Garrett Rooney wrote:
>On 3/8/06, Vincent Starre <vstarre@comcast.net> wrote:
>
>
>
>>When you are certain you want a complete sync:
>>(first, merge branch changes into trunk, then...)
>>$ cd branch_wc
>>$ svn merge repos/branch repos/trunk .
>>(here examine changes with svn diff to be sure you aren't squashing any
>>branch changes you forgot to merge back to trunk)
>>$ svn ci
>>
>>
>
>This is actually not what you want to do. This will make your trunk
>working copy look exactly like your branch, and any changes that were
>made on the trunk since you initialy branched will be lost.
>
If I had done the opposite, sure, but I didnt, and I tripple checked and
commented on it, so I'm sure I did it right :)
The syntax of diff is:
$ diff old new > patch
"create a patch which turns old into new"
The syntax of patch is:
$ patch "old" < patch
svn diff and svn merge work the same way:
$ svn merge branch trunk branch_wc
will create a psuedo-patch which turns "branch" into "trunk" and apply
that to "branch"-> turning branch_wc into something identical to a
trunk_wc, but recieving updates from branch and having branch's history.
(losing any changes to BRANCH, not trunk, which haven't yet been merged
back to trunk)
>You want
>something like this:
>
>$ svn merge -rREV1:REV2 branch_url .
>
>
This is precisely what you do _not_ want. This is fine for incremental
merges as you are actively working in branch, but any time you want to
say "at this point, these are in perfect sync", you should run a command
which actually does just that. svn diff can then be used to ensure that
you aren't squashing anything you aren't trying to. If svn had merge
tracking, their might be other implications which would need to be taken
into account- but it doesnt, so you should be sure they're synchronized
by using a command which actually does so.
You might also want to use the "merge changes to trunk from trunk to
branch" method if you have made changes you actually want to keep, such
as config file changes which you want versioned. That's a matter of style.
I asked this exact question on IRC last week, so I've given it a bit of
thought. Doing a true sync of branch and trunk is simpler, gives you
another opportunity to catch errors, and will never cause
conflicts(*except those due to bugs- vote for 2501 ! :))
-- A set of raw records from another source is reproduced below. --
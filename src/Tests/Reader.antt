-- ===== src/Tests/Reader.antt =====
-- A reader of byte strings with the documented behaviour of cryptobyte.String.
use utls.Base.{
  ℕ, ◌+◌, ◌*◌, ◌<◌, [], ◌∷◌, Option, none, some, Bytes, length, drop, ltb, if◌then◌else◌, ◌≡◌, refl,
  arith,
}
use utls.Cryptobyte.{Reader, prefixed}

abbrev uint8 : Bytes → Option (ℕ × Bytes)
uint8 [] = none
uint8 (a ∷ s) = some (a, s)

abbrev uint16 : Bytes → Option (ℕ × Bytes)
uint16 (a ∷ b ∷ s) = some (a * 256 + b, s)
uint16 _ = none

abbrev uint32 : Bytes → Option (ℕ × Bytes)
uint32 (a ∷ b ∷ c ∷ d ∷ s) = some (a * 16777216 + b * 65536 + c * 256 + d, s)
uint32 _ = none

abbrev vector8 : Bytes → Option (Bytes × Bytes)
vector8 [] = none
vector8 (a ∷ s) = prefixed a s

abbrev vector16 : Bytes → Option (Bytes × Bytes)
vector16 (a ∷ b ∷ s) = prefixed (a * 256 + b) s
vector16 _ = none

abbrev vector24 : Bytes → Option (Bytes × Bytes)
vector24 (a ∷ b ∷ c ∷ s) = prefixed (a * 65536 + b * 256 + c) s
vector24 _ = none

pub uint16_short : (s : Bytes) → length s < 2 → uint16 s ≡ none
uint16_short [] h = refl
uint16_short (a ∷ []) h = refl
uint16_short (a ∷ b ∷ s) h = absurd (omega arith)

pub uint32_short : (s : Bytes) → length s < 4 → uint32 s ≡ none
uint32_short [] h = refl
uint32_short (a ∷ []) h = refl
uint32_short (a ∷ b ∷ []) h = refl
uint32_short (a ∷ b ∷ c ∷ []) h = refl
uint32_short (a ∷ b ∷ c ∷ d ∷ s) h = absurd (omega arith)

pub vector16_short : (s : Bytes) → length s < 2 → vector16 s ≡ none
vector16_short [] h = refl
vector16_short (a ∷ []) h = refl
vector16_short (a ∷ b ∷ s) h = absurd (omega arith)

pub vector24_short : (s : Bytes) → length s < 3 → vector24 s ≡ none
vector24_short [] h = refl
vector24_short (a ∷ []) h = refl
vector24_short (a ∷ b ∷ []) h = refl
vector24_short (a ∷ b ∷ c ∷ s) h = absurd (omega arith)

abbrev pub reader : Reader
reader = record {
  read_uint8 = uint8;
  read_uint16 = uint16;
  read_uint32 = uint32;
  skip = λ n s. if ltb (length s) n then none else some (drop n s);
  read_bytes = prefixed;
  read_uint8_length_prefixed = vector8;
  read_uint16_length_prefixed = vector16;
  read_uint24_length_prefixed = vector24;
  read_uint8_cons = λ a s. refl;
  read_uint16_cons = λ a b s. refl;
  read_uint32_cons = λ a b c d s. refl;
  skip_lem = λ n s. refl;
  read_bytes_lem = λ n s. refl;
  read_uint8_length_prefixed_cons = λ a s. refl;
  read_uint16_length_prefixed_cons = λ a b s. refl;
  read_uint24_length_prefixed_cons = λ a b c s. refl;
  read_uint8_nil = refl;
  read_uint16_short = uint16_short;
  read_uint32_short = uint32_short;
  read_uint8_length_prefixed_nil = refl;
  read_uint16_length_prefixed_short = vector16_short;
  read_uint24_length_prefixed_short = vector24_short;
}
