-- ===== src/Tests/Certificate.antt =====
-- A TLS 1.3 certificate message with two certificates.
use utls.Base.{true, [], ◌∷◌, Bytes, some, ◌≡◌, refl, arith}
use utls.Cryptobyte.Loops.{done}
use utls.Messages.Certificate.{
  CertificateMsg, sent_certificate, certificate_tls13_marshal, certificate_tls13_unmarshal,
}
use utls.Messages.Certificate.Built.{Fits}
use utls.Messages.Certificate.RoundTrip.{certificate_tls13_round_trip}
use utls.Tests.Builder.{builder}
use utls.Tests.Reader.{reader}

abbrev two_certificates : CertificateMsg
two_certificates = record {
  certificate = record {
    certificate = (48 ∷ 1 ∷ []) ∷ (48 ∷ 2 ∷ []) ∷ [];
    ocsp_staple = some (7 ∷ []);
    scts = some ((9 ∷ 9 ∷ []) ∷ []);
  };
  ocsp_stapling = true;
  has_scts = true;
}

two_certificates-Fits : Fits (sent_certificate builder two_certificates)
two_certificates-Fits = record {
  each = (omega arith, (omega arith, tt));
  staple = (omega arith, omega arith);
  timestamps = (((omega arith, omega arith), tt), omega arith, omega arith);
  extensions = omega arith;
  with_leaf = omega arith;
  total = omega arith;
}

certificate_tls13_round_trip_example :
    (wire : Bytes) × (certificate_tls13_marshal builder two_certificates ≡ some wire)
    × (certificate_tls13_unmarshal reader wire
        ≡ done
            (record two_certificates { certificate = sent_certificate builder two_certificates }))
certificate_tls13_round_trip_example =
    certificate_tls13_round_trip reader builder two_certificates two_certificates-Fits
      ((λ on. refl), (λ on. refl))
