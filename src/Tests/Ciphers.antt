-- ===== src/Tests/Ciphers.antt =====
-- Ciphers for tests: each byte is combined with a key, and tags and MACs are checksums.
use Prim.Native.Nat.{bit_xor}
use mathlib.Core.Path.{ap, ap₂}
use utls.Base.{
  ℕ, suc, ◌+◌, ◌%◌, ◌==◌, ==_iff, [], ◌∷◌, ◌++◌, Bytes, length, Option, none, some, if◌then◌else◌,
  ◌≡◌, refl, sym, ◌∙◌, arith, true,
}
use utls.HalfConn.{Algorithms}
use utls.HalfConn.Peers.{Laws}
use utls.NonceAead.Digits.{bit_xor_twice}

abbrev pub sum : Bytes → ℕ
sum [] = 0
sum (b ∷ bs) = b + sum bs

abbrev pub with_key : ℕ → Bytes → Bytes
with_key k [] = []
with_key k (b ∷ bs) = bit_xor b k ∷ with_key k bs

pub with_key_twice : (k : ℕ) (x : Bytes) → with_key k (with_key k x) ≡ x
with_key_twice k [] = refl
with_key_twice k (b ∷ bs) = ap₂ ◌∷◌ (bit_xor_twice b k) (with_key_twice k bs)

pub with_key-append : (k : ℕ) (x y : Bytes) → with_key k (x ++ y) ≡ with_key k x ++ with_key k y
with_key-append k [] y = refl
with_key-append k (b ∷ x) y = ap (◌∷◌ (bit_xor b k)) (with_key-append k x y)

pub length-with_key : (k : ℕ) (x : Bytes) → length (with_key k x) ≡ length x
length-with_key k [] = refl
length-with_key k (b ∷ bs) = ap suc (length-with_key k bs)

abbrev pub tag : ℕ → Bytes → Bytes → ℕ
tag k nonce extra = (k + sum nonce + sum extra) % 256

abbrev pub open_tagged : ℕ → Bytes → Bytes → Bytes → Option Bytes
open_tagged k nonce [] extra = none
open_tagged k nonce (t ∷ text) extra =
    if t == tag k nonce extra then some (with_key k text) else none

pub open_tagged_lem :
    (k : ℕ) (nonce text extra : Bytes)
    → open_tagged k nonce (tag k nonce extra ∷ with_key k text) extra ≡ some text
open_tagged_lem k nonce text extra =
    let t = tag k nonce extra in
    let same : (t == t) ≡ true = (==_iff t t).1 refl in rw (same, with_key_twice k text) refl

-- The key of an AEAD and the length of its explicit nonce.
pub record Key : Type 0 where
  pub key : ℕ
  pub explicit : ℕ

abbrev pub checksums : Algorithms
checksums = record {
  Stream = ℕ;
  Aead = Key;
  CbcMode = ℕ;
  Hash = ℕ;
  xor_key_stream = λ k x. (with_key k x, k);
  nonce_len = λ a. a.explicit;
  overhead = λ a. 1;
  seal = λ a nonce text extra. tag a.key nonce extra ∷ with_key a.key text;
  open_sealed = λ a nonce text extra. open_tagged a.key nonce text extra;
  block_size = λ k. 8;
  set_iv = λ iv k. k;
  crypt_blocks = λ k x. (with_key k x, k);
  size = λ m. 1;
  digest = λ m x. (m + sum x) % 256 ∷ [];
}

abbrev pub checksums-Laws : Laws checksums
checksums-Laws = record {
  StreamPeers = λ k k'. k ≡ k';
  AeadPeers = λ a a'. a ≡ a';
  CbcPeers = λ k k'. k ≡ k';
  xor_key_stream_lem =
      λ k k' x same. (ap (λ j. with_key j (with_key k x)) (sym same) ∙ with_key_twice k x, same);
  xor_key_stream-append = λ k x y. ap (λ t. (t, k)) (with_key-append k x y);
  open_sealed-seal = λ a a' nonce text extra same.
      ap (λ (b : Key). open_tagged b.key nonce (tag a.key nonce extra ∷ with_key a.key text) extra)
        (sym same)
      ∙ open_tagged_lem a.key nonce text extra;
  length-seal = λ a nonce text extra. omega (arith, length-with_key a.key text);
  overhead_peers = λ a a' same. refl;
  nonce_len_peers = λ a a' same. ap (λ (b : Key). b.explicit) same;
  overhead_bound = λ a. omega arith;
  block_size_peers = λ k k' same. refl;
  block_size_bound = λ k. (omega arith, omega arith);
  set_iv_peers = λ k k' iv same. same;
  block_size-set_iv = λ k iv. refl;
  crypt_blocks_lem = λ k k' x same whole. (
    ap (λ j. with_key j (with_key k x)) (sym same) ∙ with_key_twice k x,
    same,
    length-with_key k x,
  );
  length-digest = λ m x. refl;
  digest-IsByte = λ m x. (omega arith, tt);
  size_bound = λ m. omega arith;
}
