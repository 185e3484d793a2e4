-- ===== src/Alu/Flat/Words.antt =====
-- What the flat instructions of several words store.
use red_o_lator.Base.{
  ℕ, zero, suc, ◌+◌, ◌^◌, ◌<◌, ◌≡◌, ◌⊎◌, ◌∙◌, refl, arith, List, length, get_elem?, get_or,
  get_elem?-get_or, ok,
}
use red_o_lator.Storage.{Storage, write_data32, read_4_bytes}
use red_o_lator.Storage.Bytes.{
  IsSized, put_word, put_word-size, put-IsSized, write_data32_lem, written,
}
use red_o_lator.Storage.Words.{read_4_bytes-write_data32}
use red_o_lator.Alu.Flat.{run_flat_store_dwordxn}

put_word-IsSized : (s : Storage) (cell value : ℕ) → IsSized s → IsSized (put_word s cell value)
unfolding put_word
put_word-IsSized s cell value h =
    put-IsSized _ _ _ (put-IsSized _ _ _ (put-IsSized _ _ _ (put-IsSized s _ _ h)))

-- A storage after a store to an address: what the address holds, and that all else is as it was.
abbrev pub StoredAt : Storage → ℕ → ℕ → Storage → Type 0
StoredAt s addr value s' =
    (read_4_bytes s' addr 0 ≡ ok value)
    × ((j : ℕ) → (j < addr) ⊎ (addr + 3 < j) → get_elem? s'.data_ j ≡ get_elem? s.data_ j)

-- One word.
word_stored :
    (s : Storage) (addr value : ℕ)
    → IsSized s
    → addr + 3 < s.size
    → s.size < 2 ^ 64
    → value < 2 ^ 32
    → (write_data32 s addr 0 value ≡ written (put_word s addr value))
      × StoredAt s addr value (put_word s addr value)
word_stored s addr value sized h k small =
    let start : addr + 0 ≡ addr = omega arith in
    let wrote = write_data32_lem s addr 0 value (omega arith) k (omega arith) small in
    let both = read_4_bytes-write_data32 s addr 0 value sized (omega arith) k (omega arith) small in
    let wrote' : write_data32 s addr 0 value ≡ written (put_word s addr value) =
      rw start at wrote in
    let (threw, read, others) = rw (wrote', start) at both in (wrote', (read, others))

-- For n + 1 words from index `at_word` of VDATA on and an address with four bytes inside a sized storage: the
-- store of n + 1 words returns and does not throw; the address then holds the last one of these words, and
-- every byte outside its four bytes is unchanged. The words before the last one are not stored anywhere.
pub store_dwordxn-last :
    (vdata : List ℕ) (addr at_word n : ℕ) (s : Storage)
    → IsSized s
    → addr + 3 < s.size
    → s.size < 2 ^ 64
    → at_word + n < length vdata
    → ((i : ℕ) → i < length vdata → get_or vdata i 0 < 2 ^ 32)
    → (s' : Storage) × (run_flat_store_dwordxn vdata addr at_word (suc n) s ≡ ok (written s'))
      × StoredAt s addr (get_or vdata (at_word + n) 0) s'
unfolding run_flat_store_dwordxn
store_dwordxn-last vdata addr at_word zero s sized h k few words =
    let here : at_word + 0 ≡ at_word = omega arith in
    let word = get_or vdata at_word 0 in
    let found = get_elem?-get_or vdata at_word 0 (omega arith) in
    let (wrote, stored) = word_stored s addr word sized h k (words at_word (omega arith)) in
    (put_word s addr word, rw (found, wrote) refl, rw here stored)
store_dwordxn-last vdata addr at_word (suc n) s sized h k few words =
    let next : at_word + suc n ≡ at_word + 1 + n = omega arith in
    let word = get_or vdata at_word 0 in
    let found = get_elem?-get_or vdata at_word 0 (omega arith) in
    let (wrote, stored) = word_stored s addr word sized h k (words at_word (omega arith)) in
    let size = put_word-size s addr word in
    let (s', ran, last) =
      store_dwordxn-last vdata addr (at_word + 1) n (put_word s addr word)
        (put_word-IsSized s addr word sized) (omega (arith, size)) (omega (arith, size))
        (omega arith) words in
    (
      s',
      rw (found, wrote) ran,
      rw next (last.0, λ j outside. last.1 j outside ∙ stored.1 j outside),
    )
Having your branch and trunk go out-of-sync is no fun. Why use a command
which encourages the possibility?
and just in case anyone misunderstands: this is _NOT_ the way to merge
branch changes into trunk. This is _NOT_ the way to do your regular
incremental updates. This is _only_ for use when you've reached a point
where all your changes should be in trunk already and all your
development is essentially "ready to start fresh". That is to say: you'd
just delete and re-copy if it wouldnt make svn blame so much harder to read.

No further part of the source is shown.